Peningkatan kapasitas
Pengamat teknologi informasi Pratama Persadha menyebutkan, kehadiran AI yang menggantikan peran pekerja berpotensi meningkatkan kebutuhan pendidikan di masa depan. Setiap individu kini perlu mengembangkan keterampilan yang spesifik dan relevan dengan pekerjaan yang tidak dapat digantikan oleh AI.
Sektor yang dapat diotomasi cenderung digantikan oleh AI. Karena itu, pekerjaan yang membutuhkan kapasitas lebih tinggi, keterampilan khusus, dan pemikiran kompleks menjadi lebih penting. Dalam skenario ini, pekerja di sektor kreatif (seniman, pemahat), melibatkan interaksi manusia (psikolog, pemasaran), dan memerlukan pemikiran kritis (dokter, pemimpin perusahaan) masih dibutuhkan.
”Di sisi lain, pendidikan digital dan keterampilan untuk berkolaborasi dengan AI juga semakin penting. Pemahaman ini berupa cara menggunakan, berkomunikasi, interpretasi, dan analisis data yang dihasilkan AI. Sebab, hal itu dapat memudahkan pekerjaan di berbagai sektor,” kata Persadha yang juga Ketua Communication and Information System Security Research Center (CISSReC), lembaga riset keamanan siber.

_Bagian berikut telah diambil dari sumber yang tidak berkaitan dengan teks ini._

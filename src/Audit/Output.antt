-- ===== src/Audit/Output.antt =====
-- audit/audit.py: what the audit prints, as lines with their data but without their layout. The
-- modules below have the three checks and `main` with their calls of `print`.
pub mod Laws
pub mod Refinement
pub mod Quiet
pub mod Shown
pub mod Total
pub mod Tests
pub mod Bypass
pub mod Issuance
pub mod Login
pub mod Run
use gekko.Base.{ℕ, String, Bool, none, some, List, [], ◌∷◌, ◌++◌, length, leb, if◌then◌else◌}
use gekko.Python.Errors.{Result, ok, raise}
use gekko.Python.Json.{ℤ, Json}
use gekko.Audit.Loki.{Entry, Source, read_streams}

-- A call of `print`: times are texts as `ts_str` makes them. `query_failed` and `limit_reached` go
-- to the standard error.
pub data Line : Type 0 where
  report_title : ℕ → Line
  check_title : ℕ → Line
  querying : String → Line
  query_failed : Line
  fetched : ℕ → Line
  limit_reached : ℕ → Line
  jti_counts : ℕ → ℕ → Line
  bypasses : ℕ → Line
  shared_jti : String → Line
  -- A layer's service, the subject and the time.
  sighted : Json → Json → String → Line
  no_bypass : Line
  use_counts : ℕ → ℕ → Line
  no_records : ℕ → Line
  -- The jti and the service, then the method, the path, the subject and the status, and the time.
  unissued : String → String → Json → Json → Json → Json → String → Line
  sub_mismatches : ℕ → Line
  -- The jti and the service, the subject that used it and the one on record, and the time.
  mismatched : String → String → Json → String → String → Line
  no_uses : Line
  all_issued : Line
  sub_counts : ℕ → ℕ → Line
  without_logins : ℕ → Line
  -- The subject, and the time and the service of its first access.
  without_login : String → String → Json → Line
  violations : ℕ → Line
  -- The subject, the time of the login, and the time and the service of the first access.
  access_before_login : String → String → String → Json → Line
  no_accesses : Line
  all_logged_in : Line
  verdicts : Bool → Bool → Bool → Line
  conclusion : Bool → Line

-- What is printed until the end, or until an exception.
abbrev pub Printing : Type 0 → Type 0
Printing A = List Line × Result A

infixl 5 ◌>>=◌ ◌>>◌
abbrev pub followed_by : {B : Type 0} → List Line → Printing B → Printing B
followed_by before (after, r) = (before ++ after, r)

abbrev pub ◌>>=◌ : {A B : Type 0} → Printing A → (A → Printing B) → Printing B
◌>>=◌ (lines, ok a) k = followed_by lines (k a)
◌>>=◌ (lines, raise e) k = (lines, raise e)

abbrev pub ◌>>◌ : {A B : Type 0} → Printing A → Printing B → Printing B
m >> k = m >>= λ _. k

abbrev pub pure : {A : Type 0} → A → Printing A
pure a = ([], ok a)

abbrev pub lift : {A : Type 0} → Result A → Printing A
lift r = ([], r)

abbrev pub print : Line → Printing (Unit {0})
print line = (line ∷ [], ok tt)

-- `header`, for the check with this number.
abbrev pub print_header : ℕ → Printing (Unit {0})
print_header n = print (check_title n)

-- `for x in xs: body`
abbrev pub for_each : {A : Type 0} → (A → Printing (Unit {0})) → List A → Printing (Unit {0})
for_each body [] = pure tt
for_each body (x ∷ xs) = body x >> for_each body xs

-- The entries of a reply, and a warning where the reply has as many as the limit allows.
abbrev pub count_entries : ℕ → List Entry → Printing (List Entry)
count_entries limit entries = do
  print (fetched (length entries))
  if leb limit (length entries) then (print (limit_reached limit) >> pure entries) else pure entries

-- `query_loki` with what it prints.
unfoldable pub print_query : Source → String → ℤ → ℤ → ℕ → Printing (List Entry)
print_query src logql start_ns end_ns limit = do
  print (querying logql)
  elim (src.query_range logql start_ns end_ns limit) [
    | none ↦ (print query_failed >> pure [])
    | some streams ↦ (lift (read_streams src streams) >>= count_entries limit)
  ]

Mengutip laporan McKinsey yang bertajuk ”The state of AI in 2022–and a half decade in review”, jumlah rata-rata kemampuan AI yang digunakan organisasi terus meningkat dari 1,9 pada 2018 menjadi 3,8 tahun 2022. Kemampuan tersebut di antaranya otomasi proses, visi komputerisasi, pembacaan teks secara natural, dan memproses data dengan kapasitas otak manusia.